Google is now shining a light on an obscure aspect of human existence, helping us to think about human sustainability -- something difficult to imagine and seldom discussed. The Calico announcement heralds the dawn of an age in which the business community will turn its attention to sustainability.

We are heirs to a fatalistic tradition regarding the human predicament: Immortality is not possible (though many believe that some disembodied state of everlasting life is promised under certain conditions). Nevertheless human life thrives better in some circumstances than in others; certain environments are more dangerous or challenging for human life. Studies are already proliferating that document the impact of environment on well-being and life expectancy. We are paying more attention to determinants (such as water, air, buildings, foods, and medical care) of health and longevity, which leads us to the big question, where Google's quest will, no doubt, lead: Can the objective reality be managed to sustain human life for an unpredictable period of time?

I am not suggesting in any absolute sense that life, individually or in the aggregate, can be conserved to achieve immortality in all conditions and circumstances. Change is a constant, and it is not likely that we can freeze material realities to accommodate human existence.

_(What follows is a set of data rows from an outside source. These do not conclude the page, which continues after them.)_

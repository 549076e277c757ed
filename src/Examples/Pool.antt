-- ===== src/Examples/Pool.antt =====
-- The pool's theorems at concrete keys, and draws from a pool of two.
use keypooler.Base.{
  ◌⊎◌, ◌∙◌, ℕ, ◌+◌, ◌*◌, ◌≤◌, ◌<◌, ◌≡◌, refl, sym, zero, suc, inl, inr, String, none, some, List,
  [], ◌∷◌, arith, min, ◌-◌, get_elem?,
}
use keypooler.Base.Int.{pos, ◌≤ℤ◌, int64}
use keypooler.Base.Dict.{lookup, insert}
use keypooler.Time.{since, seconds}
use keypooler.Time.Calendar.{
  day, month_of, month_from, month_start, month_length, days_in, is_leap, date, previous_month,
  next_month, day_of,
}
use keypooler.Writeback.{new, served, window_reset}
use keypooler.Float64.{num, zero_f, flt}
use keypooler.Db.Postgres.{UsageRow}
use keypooler.Keypool.Types.{
  PoolKey, spent_now, hold_spent, within_budget, try_consume_usage, try_rate, window, counter, roll,
  available, has_feature,
}
use keypooler.Keypool.Types.Rate.{
  rate_calls, passed_window, passed_stretch, allowance, InWindow, Spans,
}
use keypooler.Keypool.Types.Usage.{usage_calls, Running, usage_calls-granted}
use keypooler.Keypool.Types.Spending.{Holds, hold_spent-periods}
use keypooler.Keypool.Budget.{period_start, next_reset, reset_before}
use keypooler.Keypool.Budget.Periods.{Cuts, period_start-Cuts}
use keypooler.Keypool.Manager.Draw.{some_inj}
use keypooler.Keypool.Manager.{
  out_of_scope, draw, candidates, offers, tier_allowed, attempt, persist_usage, serve, Manager,
  Answer, good, bad, Served, get_key_for_feature, key_by_id,
}
use keypooler.Keypool.Manager.Fuel.{draw_fuel}
use keypooler.Keypool.Manager.Outcome.{Justified, get_key_for_feature-Justified}
use keypooler.Keypool.Manager.Persistence.{PoolSynced, draws-PoolSynced}
use keypooler.Examples.Data.{
  at, two_a_minute, limited_key, running_key, pool, monthly, budgeted_key, march,
}

over : window two_a_minute ≤ℤ since (at 100) (counter (limited_key "a") "tts").window_start
unfolding window since seconds int64 counter lookup
over = omega arith

within : InWindow two_a_minute (at 100) (at 110 ∷ at 120 ∷ at 159 ∷ [])
unfolding window since seconds int64
within = (omega arith, (omega arith, (omega arith, tt)))

-- Of four calls in the minute from second 100 on, two pass.
passed_window_example :
    (rate_calls (limited_key "a") "tts" (at 100 ∷ at 110 ∷ at 120 ∷ at 159 ∷ [])).1
    ≡ min 4 (allowance two_a_minute)
unfolding lookup
passed_window_example =
    passed_window "tts" two_a_minute (limited_key "a") (at 100) (at 110 ∷ at 120 ∷ at 159 ∷ []) refl
      over within

close : Spans two_a_minute (at 30 ∷ at 50 ∷ at 70 ∷ [])
unfolding window since seconds int64
close = ((omega arith, (omega arith, tt)), ((omega arith, tt), (tt, tt)))

passed_stretch_example :
    (rate_calls (limited_key "a") "tts" (at 30 ∷ at 50 ∷ at 70 ∷ [])).1 ≤ 2 * allowance two_a_minute
unfolding lookup
passed_stretch_example =
    passed_stretch "tts" two_a_minute (at 30 ∷ at 50 ∷ at 70 ∷ []) (limited_key "a") refl close

still-Running : Running (running_key "a") (at 110 ∷ at 120 ∷ at 130 ∷ at 140 ∷ [])
unfolding window since seconds int64
still-Running = (refl, (refl, (refl, (refl, tt))))

-- Of four calls within one window three are granted.
usage_calls-granted_example :
    let (k', granted) = usage_calls (running_key "a") (at 110 ∷ at 120 ∷ at 130 ∷ at 140 ∷ []) in
    (granted ≡ min 4 (3 - 0)) × (k'.usage_count ≡ 0 + granted)
usage_calls-granted_example =
    usage_calls-granted (at 110 ∷ at 120 ∷ at 130 ∷ at 140 ∷ []) (running_key "a") (pos 3) refl
      still-Running

-- Held on 10 March; the period that began on 15 February ends on 15 March.
hold_spent-periods_example :
    let k' = hold_spent budgeted_key (num (pos 2)) (period_start monthly march) in
    (next : ℕ) × (next_reset monthly march ≡ some next)
    × ((t : ℕ)
        → march ≤ t
        → t < next
        → Holds budgeted_key (num (pos 2)) (period_start monthly march) (spent_now k' t)
          × (within_budget k' t ≡ flt (spent_now k' t) (num (pos 5))))
    × ((t : ℕ)
        → next ≤ t
        → (spent_now k' t ≡ zero_f) × (within_budget k' t ≡ flt zero_f (num (pos 5))))
hold_spent-periods_example =
    hold_spent-periods budgeted_key monthly 15 march (num (pos 2)) refl refl (omega arith)
      (omega arith) (omega arith)

period_start-Cuts_example : (next : ℕ) × Cuts monthly march next
period_start-Cuts_example =
    period_start-Cuts monthly 15 march refl (omega arith) (omega arith) (omega arith)

march_period : period_start monthly march ≡ 45 * day
unfolding period_start reset_before month_of month_from month_start month_length days_in is_leap
    date previous_month day_of
march_period = refl

march_reset : next_reset monthly march ≡ some (73 * day)
unfolding next_reset period_start reset_before month_of month_from month_start month_length days_in
    is_leap date previous_month next_month day_of
march_reset = refl

-- Call n reads the clock at second 100 + n.
abbrev clock : ℕ → ℕ
clock n = at (100 + n)

get_key_for_feature-Justified_example :
    Justified pool "tts" none clock (get_key_for_feature pool "tts" none clock)
get_key_for_feature-Justified_example = get_key_for_feature-Justified pool "tts" none clock

abbrev fresh_row : String → UsageRow
fresh_row id = record { usage_count = 0; usage_window_start = none }

two_keys :
    (p : ℕ) (k : PoolKey)
    → get_elem? pool.keys p ≡ some k
    → ((p ≡ 0) × (k ≡ limited_key "a")) ⊎ ((p ≡ 1) × (k ≡ limited_key "b"))
two_keys zero k e = inl (refl, sym (some_inj _ _ e))
two_keys (suc zero) k e = inr (refl, sym (some_inj _ _ e))
two_keys (suc (suc p)) k e = cc

pool-PoolSynced : PoolSynced fresh_row pool
unfolding new lookup
pool-PoolSynced = record {
  distinct = λ p q k j e g ne. elim (two_keys p k e) [
    | inl (p0, ka) ↦ elim (two_keys q j g) [
      | inl (q0, ja) ↦ absurd (ne (p0 ∙ sym q0))
      | inr (q1, jb) ↦ rw (ka, jb) refl
    ]
    | inr (p1, kb) ↦ elim (two_keys q j g) [
      | inl (q0, ja) ↦ rw (kb, ja) refl
      | inr (q1, jb) ↦ absurd (ne (p1 ∙ sym q1))
    ]
  ];
  positive = λ p k e. elim (two_keys p k e) [
    | inl (p0, ka) ↦ rw ka (omega arith)
    | inr (p1, kb) ↦ rw kb (omega arith)
  ];
  synced = λ p k e. elim (two_keys p k e) [ inl (p0, ka) ↦ rw ka refl | inr (p1, kb) ↦ rw kb refl ];
}

draws-PoolSynced_example :
    PoolSynced fresh_row (get_key_for_feature pool "tts" none clock).0
    × PoolSynced fresh_row (key_by_id pool "b" "tts" none clock).0
draws-PoolSynced_example = draws-PoolSynced fresh_row pool "b" "tts" none clock pool-PoolSynced

-- The keys take turns, and a feature that no key has is out of scope.
abbrev answered : Answer Served → String
answered (good s) = s.id
answered (bad out_of_scope) = "out of scope"
answered (bad e) = "refused"

abbrev draw_names : ℕ → Manager → List String
draw_names zero m = []
draw_names (suc n) m =
    let (m', a) = get_key_for_feature m "tts" none clock in answered a ∷ draw_names n m'

-- Two calls a minute for each of two keys, and no fifth.
turns : draw_names 5 pool ≡ "a" ∷ "b" ∷ "a" ∷ "b" ∷ "refused" ∷ []
unfolding get_key_for_feature draw candidates offers tier_allowed has_feature available attempt
    try_rate try_consume_usage within_budget spent_now persist_usage served window_reset serve new
    lookup insert roll counter window since seconds int64
turns = refl

draw_fuel_example : draw 2 pool "tts" clock 2 (0 ∷ 1 ∷ []) ≡ draw 9 pool "tts" clock 2 (0 ∷ 1 ∷ [])
draw_fuel_example = draw_fuel 2 9 pool "tts" clock 2 (0 ∷ 1 ∷ []) (omega arith) (omega arith)

no_such_feature : answered (get_key_for_feature pool "stt" none clock).1 ≡ "out of scope"
unfolding get_key_for_feature draw candidates offers tier_allowed has_feature available attempt
    lookup
no_such_feature = refl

I am suggesting that we may discover and influence conditions whose equilibrium would allow the human lifespan to extend beyond predictable limits.

In the past, social systems have lacked the technical sophistication to sustain life beyond rudimentary levels, and there has been little practical speculation about what appears improbable. Our mastery of the objective reality today is well beyond the imagination of our predecessors, and our descendants will likely develop technologies beyond our imagination that will enhance their powers over the material world. We have reached a propitious moment to inquire whether life-extending equilibrium is achievable. Giving breath to this idea will provoke naysayers. Some will question the desirability of such a state, seeing some intrinsic value in death; others will continue to believe that there are absolute boundaries to human ingenuity that preclude sustainability. But Google's Calico quest has also set some imaginations afire. Those who embark on this quest may be on a fool's errand. Nevertheless, they have begun. If human sustainability is achieved, Google will be celebrated as an emancipator.

The idea is too fresh to offer specific recommendations about next steps, but what is important is that a global business leader has invited us all to think more freely about the possible. Many will not see the immediate value, but for a few brave entrepreneurs it will power creativity and innovation. For that freedom we all owe a debt of gratitude to Google.